[Opening Available records section]

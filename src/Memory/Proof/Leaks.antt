-- ===== src/Memory/Proof/Leaks.antt =====
-- What the tracker reports at the end (`memory_deinit` of cstructures/src/memory.c).
use native.Mathlib.Decide.{ℕ_discrete}
use cstructures.Prelude.{
  ℕ, ◌+◌, ◌^◌, ◌<◌, ◌≡◌, ◌≢◌, refl, sym, ◌∙◌, ap, ap₂, subst, inl, inr, Option, none, some, List,
  [], ◌∷◌, done, ◌>>=◌, Returns, Returns->>=, Returns-then, Returns-else, Returns_mono, arith,
  length, ◌==◌, eq→==, ne→==, if◌then◌else◌, Bool-cases,
}
use cstructures.HashMap.Struct.{HashMap, read_value, key_offset, value_offset}
use cstructures.HashMap.Iterate.{hashmap_count, hashmap_for_each}
use cstructures.HashMap.Valid.{slot_at, key_at, value_at, InUse, Has}
use cstructures.HashMap.Proof.Read.{read_value-eq}
use cstructures.HashMap.Proof.Iterate.{hashmap_for_each-keeps}
use cstructures.Memory.Struct.{Tracker, encode64, report_info}
use cstructures.Buffer.{Allocator}
use cstructures.Memory.Report.{mutated_string_and_hex_dump, report_line, memory_deinit}
use cstructures.Memory.Proof.Dump.{Dumped, mutated_string_and_hex_dump-Dumped}
use cstructures.Memory.Valid.{size_of, total, Distinct, Leads, Listed, Tracks}
use cstructures.Memory.Proof.Ledger.{
  total-release, encode64-ne, info_location-report_info, info_bytes-report_info,
}

-- The lines about the entries below position `i`.
record Seen (hm : HashMap) (live : List (ℕ × ℕ)) (i : ℕ) (lines : List (ℕ × ℕ)) : Type 0 where
  distinct : Distinct lines
  told : (p q : ℕ) → p < 2 ^ 64 → q < i → Has hm (encode64 p) q → size_of p lines ≡ size_of p live
  untold :
      (p : ℕ) → p < 2 ^ 64 → ((q : ℕ) → q < i → ¬ Has hm (encode64 p) q) → size_of p lines ≡ none

-- The object of a live allocation has its size.
abbrev pub Stored : (ℕ → List ℕ) → List (ℕ × ℕ) → Type 0
Stored memory live = (p s : ℕ) → size_of p live ≡ some s → length (memory p) ≡ s

module _ (hm : HashMap) (live : List (ℕ × ℕ)) (room : ℕ) (l : Listed hm live room) (a : Allocator)
    (memory : ℕ → List ℕ) (stored : Stored memory live) (fits : total live + 1 < 2 ^ 64) where
  Seen-skip :
      (i : ℕ) (lines : List (ℕ × ℕ))
      → i < hm.table_count
      → ¬ InUse (slot_at hm i)
      → Seen hm live i lines
      → Seen hm live (i + 1) lines
  Seen-skip i lines lt unused s = record {
    distinct = s.distinct;
    told = λ p q small below has. elim (ℕ_discrete q i) [
      | yes e ↦ absurd (unused (subst (λ j. InUse (slot_at hm j)) e has.1))
      | no ne ↦ s.told p q small (omega arith) has
    ];
    untold = λ p small h. s.untold p small (λ q below. h q (omega arith));
  }

  -- The entry in use at a position is that of a live allocation.
  entry_live :
      (i : ℕ)
      → i < hm.table_count
      → InUse (slot_at hm i)
      → (p s : ℕ) × (p < 2 ^ 64)
        × (key_at hm i ≡ encode64 p)
        × (size_of p live ≡ some s)
        × (value_at hm i ≡ report_info p s)
  entry_live i lt used =
      let (p, small, key) = l.only i lt used in
      found p small key (size_of p live) refl (l.leads p small)
    where
      found :
          (p : ℕ)
          → p < 2 ^ 64
          → key_at hm i ≡ encode64 p
          → (o : Option ℕ) → size_of p live ≡ o
          → Leads hm p o
          → (p s : ℕ) × (p < 2 ^ 64)
            × (key_at hm i ≡ encode64 p)
            × (size_of p live ≡ some s)
            × (value_at hm i ≡ report_info p s)
      found p small key none e h = absurd (h i (lt, used, key))
      found p small key (some s) e (q, has, v) = (
        p,
        s,
        small,
        key,
        e,
        ap (value_at hm) (l.valid.sound.unique i q lt has.0 used has.1 (key ∙ sym has.2)) ∙ v,
      )

  Seen-visit :
      (i : ℕ) (lines : List (ℕ × ℕ)) (p s : ℕ)
      → i < hm.table_count
      → InUse (slot_at hm i)
      → p < 2 ^ 64
      → key_at hm i ≡ encode64 p
      → size_of p live ≡ some s
      → Seen hm live i lines
      → Seen hm live (i + 1) ((p, s) ∷ lines)
  Seen-visit i lines p s lt used small key e seen = record {
    distinct = (
      seen.untold p small (λ q below has.
          omega (arith, l.valid.sound.unique q i has.0 lt has.1 used (has.2 ∙ sym key))),
      seen.distinct,
    );
    told = λ j q small' below has. elim (ℕ_discrete p j) [
      | yes same ↦ rw (eq→== p j same) (sym e ∙ ap (λ x. size_of x live) same)
      | no ne ↦
          rw (ne→== p j ne)
            (seen.told j q small' (other j q below has (λ z. ne (sym z)) small') has)
    ];
    untold = λ j small' h. elim (ℕ_discrete p j) [
      | yes same ↦ absurd (h i (omega arith) (lt, used, key ∙ ap encode64 same))
      | no ne ↦ rw (ne→== p j ne) (seen.untold j small' (λ q below. h q (omega arith)))
    ];
  }
    where
      other : (j q : ℕ) → q < i + 1 → Has hm (encode64 j) q → j ≢ p → j < 2 ^ 64 → q < i
      other j q below has ne small' = elim (ℕ_discrete q i) [
        | yes same ↦
            absurd (encode64-ne j p small' small ne (sym has.2 ∙ (ap (key_at hm) same ∙ key)))
        | no d ↦ omega arith
      ]

  -- The line, where the entry at a pointer is known.
  told_line :
      (lines : List (ℕ × ℕ)) (key value p s : ℕ)
      → p < 2 ^ 64
      → s < 2 ^ 64
      → read_value hm value ≡ done (report_info p s)
      → report_line a memory hm lines key value
        ≡ (mutated_string_and_hex_dump a (memory p) s >>= λ text. done ((p, s) ∷ lines))
  unfolding report_line
  told_line lines key value p s small below e =
      rw (e, ◌>>=◌)
        (ap₂ (λ p s. mutated_string_and_hex_dump a (memory p) s >>= λ text. done ((p, s) ∷ lines))
          (info_location-report_info p s small) (info_bytes-report_info p s below))

  report_line-Seen :
      (i : ℕ) (lines : List (ℕ × ℕ))
      → i < hm.table_count
      → InUse (slot_at hm i)
      → Seen hm live i lines
      → Returns
          (report_line a memory hm lines (key_offset hm i) (value_offset hm i))
          (Seen hm live (i + 1))
  report_line-Seen i lines lt used seen =
      let (p, s, small, key, e, v) = entry_live i lt used in
      let line =
        told_line lines (key_offset hm i) (value_offset hm i) p s small (l.bounded p s e).1
          (read_value-eq hm i l.valid lt ∙ ap done v) in
      subst (λ r. Returns r (Seen hm live (i + 1))) (sym line)
        (Returns->>= (mutated_string_and_hex_dump a (memory p) s) _ (Dumped a (memory p)) _
          (subst (λ n. Returns (mutated_string_and_hex_dump a (memory p) n) (Dumped a (memory p)))
            (stored p s e)
            (mutated_string_and_hex_dump-Dumped a (memory p)
              (omega (arith, stored p s e, total-release p s live e))))
          (λ text h. Seen-visit i lines p s lt used small key e seen))

  all_lines :
      Returns (hashmap_for_each hm (report_line a memory hm) []) (Seen hm live hm.table_count)
  all_lines =
      hashmap_for_each-keeps hm l.valid (report_line a memory hm) (Seen hm live) Seen-skip
        report_line-Seen []
        (record {
          distinct = tt;
          told = λ p q small below has. absurd (omega arith);
          untold = λ p small h. refl;
        })

-- The lines of a report tell each live allocation once, and nothing else.
abbrev pub Reports : List (ℕ × ℕ) → List (ℕ × ℕ) → Type 0
Reports lines live = Distinct lines × ((p : ℕ) → p < 2 ^ 64 → size_of p lines ≡ size_of p live)

Seen-Reports :
    (hm : HashMap) (live lines : List (ℕ × ℕ)) (room : ℕ)
    → Listed hm live room
    → Seen hm live hm.table_count lines
    → Reports lines live
Seen-Reports hm live lines room l s =
    (s.distinct, λ p small. at p small (size_of p live) refl (l.leads p small))
  where
    at :
        (p : ℕ)
        → p < 2 ^ 64
        → (o : Option ℕ) → size_of p live ≡ o
        → Leads hm p o
        → size_of p lines ≡ size_of p live
    at p small none e h = s.untold p small (λ q lt. h q) ∙ sym e
    at p small (some n) e (q, has, v) = s.told p q small has.0 has

no_lines : (live : List (ℕ × ℕ)) → length live ≡ 0 → Reports [] live
no_lines [] e = (tt, λ p small. refl)
no_lines (x ∷ live) e = absurd (omega arith)

-- `memory_deinit` of a tracker that knows the live allocations, each of which has an object of its
-- size, where the counters and sizes do not overflow, does not fault, whether there is room for the
-- dumps or not. It returns how many are live, its report tells each of them once with its size, and
-- nothing else, and it frees the storage of the map.
pub memory_deinit-Reports :
    (a : Allocator) (memory : ℕ → List ℕ) (m : Tracker) (live : List (ℕ × ℕ)) (room : ℕ)
    → Tracks m live room
    → Stored memory live
    → total live + 1 < 2 ^ 64
    → m.deallocations + length live < 2 ^ 64
    → Returns
        (memory_deinit a memory m)
        (λ r. (r.0.0 ≡ length live) × Reports r.0.1 live × (r.1.0 ≡ m.report.storage))
unfolding memory_deinit
memory_deinit-Reports a memory m live room t stored fits few =
    Returns->>=
      (if hashmap_count m.report == 0
        then done []
        else hashmap_for_each m.report (report_line a memory m.report) [])
      _ (λ lines. Reports lines live) _ lines (λ r h. (ground (arith, t.balanced), h, refl))
  where
    lines :
        Returns
          (if hashmap_count m.report == 0
            then done []
            else hashmap_for_each m.report (report_line a memory m.report) [])
          (λ lines. Reports lines live)
    lines = elim (Bool-cases (m.report.slots_used == 0)) [
      | inl e ↦
          Returns-then (m.report.slots_used == 0) _ _ _ e
            (no_lines live (ground (arith, t.listed.counted)))
      | inr e ↦ Returns-else (m.report.slots_used == 0) (done []) _ _ e (
          Returns_mono (hashmap_for_each m.report (report_line a memory m.report) []) _ _
            (all_lines m.report live room t.listed a memory stored fits)
            (λ r s. Seen-Reports m.report live r room t.listed s))
    ]
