-- ===== src/Memory/Proof/Listed.antt =====
-- The report after an insertion and after a removal (the calls that cstructures/src/memory.c makes of
-- the hash map).
use mathlib.Core.List.{List-discrete}
use native.Mathlib.Decide.{ℕ_discrete}
use cstructures.Prelude.{
  ℕ, ◌^◌, ◌<◌, ◌≡◌, ◌≢◌, refl, sym, ◌∙◌, ap, subst, Option, none, some, List, ◌∷◌, done, Returns,
  Returns_mono, arith, length, ne→==, eq→==, lt→leb, false, suc, ◌/◌,
}
use cstructures.Prelude.Word.{mul32}
use cstructures.Buffer.{Allocator}
use cstructures.HashMap.Struct.{HashMap, Status, exists, ok, oom, rehash_at_percent, read_value}
use cstructures.HashMap.Find.{hashmap_erase}
use cstructures.HashMap.Insert.{is_loaded, hashmap_insert}
use cstructures.HashMap.Valid.{slot_at, key_at, value_at, InUse, Has, Stops}
use cstructures.HashMap.Proof.Entry.{KeepsOthers}
use cstructures.HashMap.Proof.Store.{Sized, Inserted}
use cstructures.HashMap.Proof.Insert.{hashmap_insert-Inserted}
use cstructures.HashMap.Proof.Erase.{Erased, hashmap_erase-Erased}
use cstructures.HashMap.Proof.Room.{unused_some-Stops, Inserted-unused, Erased-unused}
use cstructures.Memory.Struct.{encode64, report_info}
use cstructures.Memory.Valid.{size_of, release, Leads, Listed}
use cstructures.Memory.Proof.Ledger.{size_of-release, release-Distinct, length-release, encode64-ne}

Leads-kept :
    (hm u : HashMap) (key : List ℕ) (j : ℕ) (o : Option ℕ)
    → KeepsOthers hm key u
    → encode64 j ≢ key
    → Leads hm j o
    → Leads u j o
Leads-kept hm u key j none keeps ne h = λ q has. h q ((keeps (encode64 j) ne q).0.1 has)
Leads-kept hm u key j (some s) keeps ne (q, has, e) =
    (q, (keeps (encode64 j) ne q).0.0 has, (keeps (encode64 j) ne q).1 has ∙ e)

info-Sized : (hm : HashMap) (p s : ℕ) → hm.value_size ≡ 16 → Sized hm (some (report_info p s))
info-Sized hm p s e x given = let same : report_info p s ≡ x = cc in ap length (sym same) ∙ sym e

pub Listed-light :
    (hm : HashMap) (live : List (ℕ × ℕ)) (room : ℕ)
    → Listed hm live (suc room)
    → is_loaded hm ≡ false
Listed-light hm live room l =
    lt→leb rehash_at_percent (mul32 hm.slots_used 100 / hm.table_count)
      (rw l.table (omega (arith, l.counted, l.light)))

pub Listed-Stops :
    (hm : HashMap) (live : List (ℕ × ℕ)) (room : ℕ) (key : List ℕ)
    → Listed hm live room
    → Stops hm key
Listed-Stops hm live room key l = unused_some-Stops 12 hm key l.table (omega (arith, l.spare))

-- A slot in use after a change of the key of `p` was in use for another key before, or has that key.
only-kept :
    (hm u : HashMap) (live : List (ℕ × ℕ)) (room p q : ℕ)
    → Listed hm live room
    → p < 2 ^ 64
    → KeepsOthers hm (encode64 p) u
    → u.table_count ≡ hm.table_count
    → q < u.table_count
    → InUse (slot_at u q)
    → (j : ℕ) × (j < 2 ^ 64) × (key_at u q ≡ encode64 j)
only-kept hm u live room p q l lt keeps table lt' used =
    elim (List-discrete ℕ_discrete (key_at u q) (encode64 p)) [
      | yes e ↦ (p, lt, e)
      | no ne ↦
          let has : Has hm (key_at u q) q = (keeps (key_at u q) ne q).0.1 (lt', used, refl) in
          let (j, small, e) = l.only q has.0 has.1 in (j, small, sym has.2 ∙ e)
    ]

pub insert-Listed :
    (a : Allocator) (hm : HashMap) (live : List (ℕ × ℕ)) (room p s : ℕ)
    → Listed hm live (suc room)
    → p < 2 ^ 64
    → s < 2 ^ 64
    → size_of p live ≡ none
    → Returns
        (hashmap_insert a hm (encode64 p) (some (report_info p s)))
        (λ r. Listed r.1 ((p, s) ∷ live) room)
insert-Listed a hm live room p s l small fits fresh =
    Returns_mono (hashmap_insert a hm (encode64 p) (some (report_info p s)))
      (Inserted hm (encode64 p) (some (report_info p s))) _
      (hashmap_insert-Inserted a hm (encode64 p) (some (report_info p s)) l.valid
        (Listed-light hm live room l) (Listed-Stops hm live (suc room) (encode64 p) l) (sym l.keys)
        (info-Sized hm p s l.values))
      (λ r h. step r.0 r.1 h h)
  where
    absent : (q : ℕ) → ¬ Has hm (encode64 p) q
    absent = subst (Leads hm p) fresh (l.leads p small)

    step :
        (st : Status) (u : HashMap)
        → Inserted hm (encode64 p) (some (report_info p s)) (st, u)
        → Inserted hm (encode64 p) (some (report_info p s)) (st, u)
        → Listed u ((p, s) ∷ live) room
    step exists u whole (e, (q, has)) = absurd (absent q has)
    step oom u whole h = absurd h
    step ok u whole
          (valid, none_before, (q, has, given, slots), keeps, (table, keys, values, hash), used) =
        record {
          valid = valid;
          keys = keys ∙ l.keys;
          values = values ∙ l.values;
          distinct = (fresh, l.distinct);
          bounded = λ j r e. ground (arith, l.bounded j r);
          leads = leads;
          only = λ j lt in_use. only-kept hm u live (suc room) p j l small keeps table lt in_use;
          counted = omega (arith, used, l.counted, l.light);
          table = table ∙ l.table;
          spare = omega (arith, l.spare, Inserted-unused hm u _ _ whole);
          light = omega (arith, l.light);
        }
      where
        leads : (j : ℕ) → j < 2 ^ 64 → Leads u j (size_of j ((p, s) ∷ live))
        leads j lt = elim (ℕ_discrete p j) [
          | yes e ↦
              rw (eq→== p j e)
                (subst (λ i. Leads u i (some s)) e (q, has, given (report_info p s) refl))
          | no ne ↦ rw (ne→== p j ne) (
              Leads-kept hm u (encode64 p) j (size_of j live) keeps
                (encode64-ne j p lt small (λ e. ne (sym e))) (l.leads j lt))
        ]

-- The outcome of a removal from the report.
abbrev pub Unlisted : HashMap → List (ℕ × ℕ) → ℕ → ℕ → Option ℕ × HashMap → Type 0
Unlisted hm live room p (none, u) = (u ≡ hm) × (size_of p live ≡ none)
Unlisted hm live room p (some off, u) =
    (s : ℕ) × (size_of p live ≡ some s)
    × (read_value u off ≡ done (report_info p s))
    × Listed u (release p live) room

pub erase-Unlisted :
    (hm : HashMap) (live : List (ℕ × ℕ)) (room p : ℕ)
    → Listed hm live room
    → p < 2 ^ 64
    → Returns (hashmap_erase hm (encode64 p)) (Unlisted hm live room p)
erase-Unlisted hm live room p l small =
    Returns_mono (hashmap_erase hm (encode64 p)) (Erased hm (encode64 p)) _
      (hashmap_erase-Erased hm (encode64 p) l.valid (Listed-Stops hm live room (encode64 p) l))
      (λ r h. step r.0 r.1 (size_of p live) refl (l.leads p small) h h)
  where
    step :
        (off : Option ℕ) (u : HashMap) (o : Option ℕ)
        → size_of p live ≡ o
        → Leads hm p o
        → Erased hm (encode64 p) (off, u)
        → Erased hm (encode64 p) (off, u)
        → Unlisted hm live room p (off, u)
    step none u none e h whole (same, gone) = (same, e)
    step none u (some s) e (q, has, v) whole (same, gone) = absurd (gone q has)
    step (some off) u none e h whole (valid, (q, has, v), gone, keeps, shape, used, unused) =
        absurd (h q has)
    step (some off) u (some s) e (q', has', v') whole
          (valid, (q, has, v), gone, keeps, (table, keys, values, hash), used, unused) =
        (
          s,
          e,
          v
              ∙ ap (λ i. done (value_at hm i))
                  (l.valid.sound.unique q q' has.0 has'.0 has.1 has'.1 (has.2 ∙ sym has'.2))
              ∙ ap done v',
          record {
            valid = valid;
            keys = keys ∙ l.keys;
            values = values ∙ l.values;
            distinct = release-Distinct p live l.distinct;
            bounded = λ j r e'. ground (arith, size_of-release j p live l.distinct, l.bounded j r);
            leads = leads;
            only = λ j lt in_use. only-kept hm u live room p j l small keeps table lt in_use;
            counted = omega (arith, used, l.counted, l.light, length-release p s live e);
            table = table ∙ l.table;
            spare = omega (arith, l.spare, Erased-unused hm u _ _ whole);
            light = omega (arith, l.light, length-release p s live e);
          },
        )
      where
        leads : (j : ℕ) → j < 2 ^ 64 → Leads u j (size_of j (release p live))
        leads j lt = elim (ℕ_discrete p j) [
          | yes e' ↦
              rw (size_of-release j p live l.distinct, eq→== p j e')
                (subst (λ i. Leads u i none) e' gone)
          | no ne ↦
              rw (size_of-release j p live l.distinct, ne→== p j ne)
                (Leads-kept hm u (encode64 p) j (size_of j live) keeps
                  (encode64-ne j p lt small (λ e'. ne (sym e'))) (l.leads j lt))
        ]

[Closing Available records section]

→ Action item
Only the lines from the one containing "rw (size_of-release j p live l.distinct, ne→== p" through the end of the entries above belong in the answer; repeat them exactly.

→ The answer
              rw (size_of-release j p live l.distinct, ne→== p j ne)
                (Leads-kept hm u (encode64 p) j (size_of j live) keeps
                  (encode64-ne j p lt small (λ e'. ne (sym e'))) (l.leads j lt))
        ]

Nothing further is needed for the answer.